Methicillin, although no longer commonly used due to allergic reactions and resistance, was one of the first of these penicillins. It paved the way for other, more robust, antistaphylococcal penicillins.

Flucloxacillin, oxacillin, and dicloxacillin, largely have replaced methicillin.

They all have a similar mechanism of action, they inhibit bacterial cell wall synthesis by binding to penicillin-binding proteins, ultimately leading to bacterial cell death. These medications are primarily used for skin and soft tissue infections caused by Staphylococcus aureus, including cellulitis and impetigo.

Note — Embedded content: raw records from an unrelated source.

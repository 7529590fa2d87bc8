-- ===== src/Resolver.antt =====
-- virtual_disk/block_resolver.h: the map from a volume's blocks to the server blocks that hold them,
-- and the list of overwritten blocks that the garbage collector takes. A call of `AddMapping` is a load,
-- a push to the list under its lock, and a store, which no lock joins: `add_mapping` is a call that no other
-- one interrupts, and Resolver/Overlap has the three steps of calls that overlap.
pub mod Laws
pub mod Conservation
pub mod Sums
pub mod Overlap
mod Tests
use sandook.Base.{
  ℕ, ◌≡◌, Bool, true, false, not, ◌&&◌, if◌then◌else◌, ltb, ◌==◌, List, [], ◌∷◌, ◌++◌,
}
use sandook.Status.{Status, ok, err, fault, Error, ◌>>=◌, ◌>>◌, check}
use sandook.Types.{
  BlockAddr, ServerBlockInfo, ServerReplicaBlockInfo, ServerReplicaBlockInfoList, put,
  k_invalid_server_id,
}

pub record BlockResolver : Type 0 where
  pub nsectors : ℕ
  pub blk_map : BlockAddr → ServerReplicaBlockInfoList
  pub discard_list : List ServerReplicaBlockInfoList

-- The entry of a block that was never mapped.
abbrev pub unmapped : ServerReplicaBlockInfoList
unmapped = record { front = blank; back = blank }
  where
    blank : ServerReplicaBlockInfo
    blank = record { info = record { server_id = 0; block_addr = 0 }; dirty = false }

pub init : ℕ → BlockResolver
init nsectors = record { nsectors = nsectors; blk_map = λ _. unmapped; discard_list = [] }

-- A mapping whose blocks have to be trimmed once it is overwritten.
pub needs_discard : ServerReplicaBlockInfoList → Bool
needs_discard blks = blks.front.dirty && not (blks.front.info.server_id == k_invalid_server_id)

-- The push under the lock of the discard list, of a mapping that was loaded.
abbrev pub record_discard : BlockResolver → ServerReplicaBlockInfoList → BlockResolver
record_discard r blocks =
    if needs_discard blocks then record r { discard_list = r.discard_list ++ blocks ∷ [] } else r

pub discard_existing_blocks : BlockResolver → BlockAddr → BlockResolver
discard_existing_blocks r blk_addr = record_discard r (r.blk_map blk_addr)

pub add_mapping : BlockResolver → BlockAddr → ServerReplicaBlockInfoList → Status BlockResolver
unfolding discard_existing_blocks
add_mapping r blk_addr srv_blk = do
  check (ltb blk_addr r.nsectors)
  let r' = discard_existing_blocks r blk_addr
  ok (record r' { blk_map = put r'.blk_map blk_addr srv_blk })

unfoldable pub resolve_block : BlockResolver → BlockAddr → Status ServerReplicaBlockInfoList
resolve_block r blk_addr = do
  check (ltb blk_addr r.nsectors)
  let blocks = r.blk_map blk_addr
  if blocks.front.info.server_id == k_invalid_server_id then err Error.enoent else ok blocks

unfoldable pub get_and_reset_discarded_blocks :
    BlockResolver → Status (List ServerReplicaBlockInfoList × BlockResolver)
get_and_reset_discarded_blocks r = elim r.discard_list [
  | [] ↦ err Error.enoent
  | x ∷ xs ↦ ok (x ∷ xs, record r { discard_list = [] })
]
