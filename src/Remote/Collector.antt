-- ===== src/Remote/Collector.antt =====
-- virtual_disk/virtual_disk_remote.cc: RunGarbageCollector, which tells the servers which of their blocks are
-- no longer in use. What a call to a server does is a parameter, and so is the order in which the hash
-- map of the servers is visited.
pub mod Grouping
pub mod Delivery
mod Tests
use sandook.Base.{
  ℕ, zero, suc, ◌+◌, ◌-◌, Bool, true, false, if◌then◌else◌, ◌==◌, ltb, min, List, [], ◌∷◌, ◌++◌,
  length, take, map, Option, none, some,
}
use sandook.Status.{Status, ok, err, fault}
use sandook.Types.{
  ServerId, BlockAddr, ServerBlockInfo, ServerReplicaBlockInfoList, k_discard_batch,
}
use sandook.Selection.{ServerSet, contains}
use sandook.Resolver.{BlockResolver, get_and_reset_discarded_blocks}

-- The entries of `server_blks`, in the order of their insertion.
abbrev pub ServerBlocks : Type 0
ServerBlocks = List (ServerId × List BlockAddr)

-- `server_blks[id]`, which is empty for a new server.
pub blocks_of : ServerId → ServerBlocks → List BlockAddr
blocks_of id [] = []
blocks_of id ((a, blks) ∷ rest) = if a == id then blks else blocks_of id rest

-- `server_blks[id].emplace_back(addr)`.
pub emplace_back : ServerBlockInfo → ServerBlocks → ServerBlocks
emplace_back info [] = (info.server_id, info.block_addr ∷ []) ∷ []
emplace_back info ((a, blks) ∷ rest) =
    let more = emplace_back info rest in
    if a == info.server_id then (a, blks ++ info.block_addr ∷ []) ∷ rest else (a, blks) ∷ more

-- The two loops over the discarded mappings and their replicas.
pub group_blocks : List ServerReplicaBlockInfoList → ServerBlocks → ServerBlocks
unfolding emplace_back
group_blocks [] acc = acc
group_blocks (blks ∷ rest) acc =
    group_blocks rest (emplace_back blks.back.info (emplace_back blks.front.info acc))

module _ {A : Type 0} where
  pub drop : ℕ → List A → List A
  drop zero xs = xs
  drop (suc n) [] = []
  drop (suc n) (x ∷ xs) = drop n xs

module _ {W : Type 0} (call : W → ServerId → List BlockAddr → W) where
  -- `sent` is the record of the batches that were sent, the last one first; no code reads it.
  pub record Collector : Type 0 where
    pub world : W
    pub servers : ServerSet
    pub blk_res : BlockResolver
    pub num_gc_blocks : ℕ
    pub sent : List (ServerId × List BlockAddr)

  -- A round of the loop over a server's blocks.
  pub send_batch : ServerId → List BlockAddr → Collector → Collector
  send_batch id blks c = record c {
    world = call c.world id (take (min (length blks) k_discard_batch) blks);
    num_gc_blocks = c.num_gc_blocks + min (length blks) k_discard_batch;
    sent = (id, take (min (length blks) k_discard_batch) blks) ∷ c.sent;
  }

  -- The loop itself, for `k` rounds. `none` is a loop that has not ended.
  pub send_batches : ℕ → ServerId → List BlockAddr → Collector → Option Collector
  unfolding send_batch drop
  send_batches k id [] c = some c
  send_batches zero id (x ∷ xs) c = none
  send_batches (suc k) id (x ∷ xs) c =
      send_batches k id (drop (min (length (x ∷ xs)) k_discard_batch) (x ∷ xs))
        (send_batch id (x ∷ xs) c)

  after_server :
      (Collector → Option (Status Collector)) → Option Collector → Option (Status Collector)
  after_server rest none = none
  after_server rest (some c) = rest c

  -- The loop over the servers. A round for each block is enough for a server.
  pub visit_servers : ServerBlocks → List ServerId → Collector → Option (Status Collector)
  unfolding after_server send_batches blocks_of
  visit_servers groups [] c = some (ok c)
  visit_servers groups (id ∷ ids) c =
      let rest =
        after_server (visit_servers groups ids)
          (send_batches (length (blocks_of id groups)) id (blocks_of id groups) c) in
      if contains c.servers id then rest else some fault

  -- What follows once the discarded mappings are taken.
  collect :
      (ServerBlocks → List ServerId)
      → Collector
      → Status (List ServerReplicaBlockInfoList × BlockResolver)
      → Option (Status Collector)
  unfolding visit_servers group_blocks
  collect visited c (err e) = some (ok c)
  collect visited c fault = some fault
  collect visited c (ok (blks, r)) =
      visit_servers (group_blocks blks []) (visited (group_blocks blks []))
        (record c { blk_res = r })

  -- `RunGarbageCollector`; `visited` gives the servers in the order in which the map is walked.
  pub run_garbage_collector : (ServerBlocks → List ServerId) → Collector → Option (Status Collector)
  unfolding collect
  run_garbage_collector visited c = collect visited c (get_and_reset_discarded_blocks c.blk_res)
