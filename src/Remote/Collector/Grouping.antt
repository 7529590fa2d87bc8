-- ===== src/Remote/Collector/Grouping.antt =====
-- The blocks of a collection by their servers, and the batches they are cut into.
use mathlib.Core.List.{append_assoc, append-nil}
use sandook.Base.{
  ℕ, zero, suc, ◌-◌, ◌≡◌, refl, sym, ap, subst, ◌∙◌, ◌<◌, ◌≤◌, ◌≢◌, ◌⊎◌, inl, inr, ◌↔◌, Bool, true,
  false, if◌then◌else◌, ◌==◌, min, List, [], ◌∷◌, ◌++◌, length, take, All, Distinct, Bool-cases,
  ==_iff, arith,
}
use sandook.Status.{ok, err, Error}
use sandook.Types.{
  ServerId, BlockAddr, ServerBlockInfo, ServerReplicaBlockInfoList, k_discard_batch,
}
use sandook.Selection.Members.{In}
use sandook.Resolver.{BlockResolver, get_and_reset_discarded_blocks}
use sandook.Remote.Collector.{ServerBlocks, blocks_of, emplace_back, group_blocks, drop}

-- The block, if it is on server `id`.
abbrev pub on : ServerId → ServerBlockInfo → List BlockAddr
on id info = if info.server_id == id then info.block_addr ∷ [] else []

-- The blocks on a server, of all replicas of some mappings.
abbrev pub addrs_on : ServerId → List ServerReplicaBlockInfoList → List BlockAddr
addrs_on id [] = []
addrs_on id (b ∷ bs) = on id b.front.info ++ (on id b.back.info ++ addrs_on id bs)

-- What a server was sent, in the order in which it was.
abbrev pub sent_to : ServerId → List (ServerId × List BlockAddr) → List BlockAddr
sent_to id [] = []
sent_to id ((a, blks) ∷ rest) = if a == id then sent_to id rest ++ blks else sent_to id rest

-- A batch fits into a message.
abbrev pub Fits : ServerId × List BlockAddr → Type 0
Fits m = (0 < length m.1) × (length m.1 ≤ k_discard_batch)

-- A walk of a hash map visits each server that has blocks once, and no others.
abbrev pub Walks : (ServerBlocks → List ServerId) → ServerBlocks → Type 0
Walks visited groups =
    Distinct (visited groups)
    × ((id : ServerId) → In id (visited groups) ↔ (blocks_of id groups ≢ []))

-- The resolver without the mappings that were discarded.
abbrev pub emptied : BlockResolver → BlockResolver
emptied r = record r { discard_list = [] }

same_key : (a b c : ServerId) → (a == b) ≡ true → (a == c) ≡ (b == c)
same_key a b c e = ap (λ z. z == c) ((==_iff a b).0 e)

other_key : (a b c : ServerId) → (a == b) ≡ false → (a == c) ≡ true → (b == c) ≡ false
other_key a b c e f = ground (arith, e, f)

blocks_of-emplace_back :
    (id : ServerId) (info : ServerBlockInfo) (acc : ServerBlocks)
    → blocks_of id (emplace_back info acc) ≡ blocks_of id acc ++ on id info
unfolding blocks_of emplace_back
blocks_of-emplace_back id info [] = refl
blocks_of-emplace_back id info ((a, blks) ∷ rest) = elim (Bool-cases (a == info.server_id)) [
  | inl e ↦ elim (Bool-cases (a == id)) [
    | inl f ↦ rw (e, f) (rw (sym (same_key a info.server_id id e) ∙ f) refl)
    | inr f ↦ rw (e, f) (rw (sym (same_key a info.server_id id e) ∙ f) (sym (append-nil _)))
  ]
  | inr e ↦ elim (Bool-cases (a == id)) [
    | inl f ↦
        rw (e, f)
          (subst (λ z. blks ≡ blks ++ (if z then info.block_addr ∷ [] else []))
            (sym (other_key a info.server_id id e f)) (sym (append-nil _)))
    | inr f ↦ rw (e, f) (blocks_of-emplace_back id info rest)
  ]
]

pub blocks_of-group_blocks :
    (id : ServerId) (blks : List ServerReplicaBlockInfoList) (acc : ServerBlocks)
    → blocks_of id (group_blocks blks acc) ≡ blocks_of id acc ++ addrs_on id blks
unfolding group_blocks
blocks_of-group_blocks id [] acc = sym (append-nil _)
blocks_of-group_blocks id (b ∷ bs) acc =
    blocks_of-group_blocks id bs (emplace_back b.back.info (emplace_back b.front.info acc))
    ∙ ap (λ l. l ++ addrs_on id bs)
        (blocks_of-emplace_back id b.back.info (emplace_back b.front.info acc)
          ∙ ap (λ l. l ++ on id b.back.info) (blocks_of-emplace_back id b.front.info acc))
    ∙ simp append_assoc

pub take-drop : (n : ℕ) (xs : List BlockAddr) → take n xs ++ drop n xs ≡ xs
unfolding drop
take-drop zero xs = refl
take-drop (suc n) [] = refl
take-drop (suc n) (x ∷ xs) = ap (λ l. x ∷ l) (take-drop n xs)

pub length-take : (n : ℕ) (xs : List BlockAddr) → length (take n xs) ≡ min n (length xs)
length-take zero xs = omega arith
length-take (suc n) [] = omega arith
length-take (suc n) (x ∷ xs) = omega (arith, length-take n xs)

pub nothing : (b : Bool) → ◌≡◌ {A = List BlockAddr} [] (if b then [] else [])
nothing true = refl
nothing false = refl

pub no_rounds : (xs : List BlockAddr) → suc (length xs) ≤ 0 → ⊥
no_rounds xs h = omega (arith, h)

pub length-drop : (n : ℕ) (xs : List BlockAddr) → length (drop n xs) ≡ length xs - n
unfolding drop
length-drop zero xs = omega arith
length-drop (suc n) [] = omega arith
length-drop (suc n) (x ∷ xs) = omega (arith, length-drop n xs)

pub empty_or_not : (l : List BlockAddr) → (l ≡ []) ⊎ (l ≢ [])
empty_or_not [] = inl refl
empty_or_not (x ∷ xs) = inr (λ e. cc)

pub All-not : (ids : List ServerId) (j : ServerId) → All (λ y. j ≢ y) ids → ¬ In j ids
All-not [] j a m = absurd m
All-not (x ∷ xs) j a (inl p) = absurd (a.0 p)
All-not (x ∷ xs) j a (inr i) = All-not xs j a.1 i

pub none_discarded :
    (r : BlockResolver) → r.discard_list ≡ [] → get_and_reset_discarded_blocks r ≡ err Error.enoent
unfolding get_and_reset_discarded_blocks
none_discarded r e = rw e refl

pub some_discarded :
    (r : BlockResolver) (x : ServerReplicaBlockInfoList) (xs : List ServerReplicaBlockInfoList)
    → r.discard_list ≡ x ∷ xs
    → get_and_reset_discarded_blocks r ≡ ok (x ∷ xs, record r { discard_list = [] })
unfolding get_and_reset_discarded_blocks
some_discarded r x xs e = rw e refl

Although they are generally well-tolerated, they can cause side effects like gastrointestinal issues and allergic reactions. These drugs should be used with caution in patients with a history of penicillin allergy and kidney disease. Oxacillin and dicloxacillin are often more desirable due to their ability to be administered orally compared to flucloxacillin, which is typically given parenterally.


They are classified as broad-spectrum antibiotics due to their utility against both gram-negative and gram-positive bacteria. Amoxicillin and Ampicillin are common examples of Aminopenicillins.


Ampicillin, exhibits similar antibacterial spectrum as amoxicillin but differs crucially in its pharmacokinetics and mode of administration.

While it is effective against many Gram-positive and select Gram-negative bacteria, it lacks stability in gastric acid, which can lower its systemic absorption when taken orally.

Therefore, it is frequently administered intravenously or intramuscularly in a clinical setting. Ampicillin’s spectrum can be notably widened by the co-administration of a beta-lactamase inhibitor such as sulbactam.


Distinguished by its wide usage in treating a variety of bacterial infections. It is favored for its broad-spectrum antibacterial activity against both Gram-positive and Gram-negative microbes, including H. influenzae, E. coli, and S. pneumoniae. Its enhanced stability against gastric acid ensures a higher systemic absorption when administered orally, a major advantage over its contemporaries.

Additionally, amoxicillin is often prescribed in combination with clavulanic acid, a beta-lactamase inhibitor, to tackle bacteria producing beta-lactamase enzymes which can otherwise inactivate amoxicillin.



Piperacillin is a potent extended-spectrum penicillin developed to counter the rise of resistant bacterial infections.

It has broader antibacterial activity than most other penicillins, particularly effective against Gram-negative bacteria including pseudomonas aeruginosa. Piperacillin also has superior activity against enterococci, however, it remains ineffective against methicillin-resistant Staphylococcus aureus (MRSA). It functions by inhibiting bacterial cell wall synthesis, leading to cell death.

Piperacillin is often combined with tazobactam, a beta-lactamase inhibitor, to overcome resistance caused by beta-lactamase enzymes.


Ticarcillin, another extended-spectrum penicillin, has a similar mechanism to piperacillin, targeting bacterial cell wall synthesis. But it differs from piperacillin in its antimicrobial spectrum.

It is less active against Gram-negative bacteria and has minimal activity against pseudomonas aeruginosa. However, it is more effective against staphylococci and streptococci bacteria.

Ticarcillin is frequently used with a beta-lactamase inhibitor, clavulanic acid, to combat beta-lactamase-associated resistance.


Comparing both, ticarcillin has a lower sodium load which may be beneficial in patients requiring sodium restriction.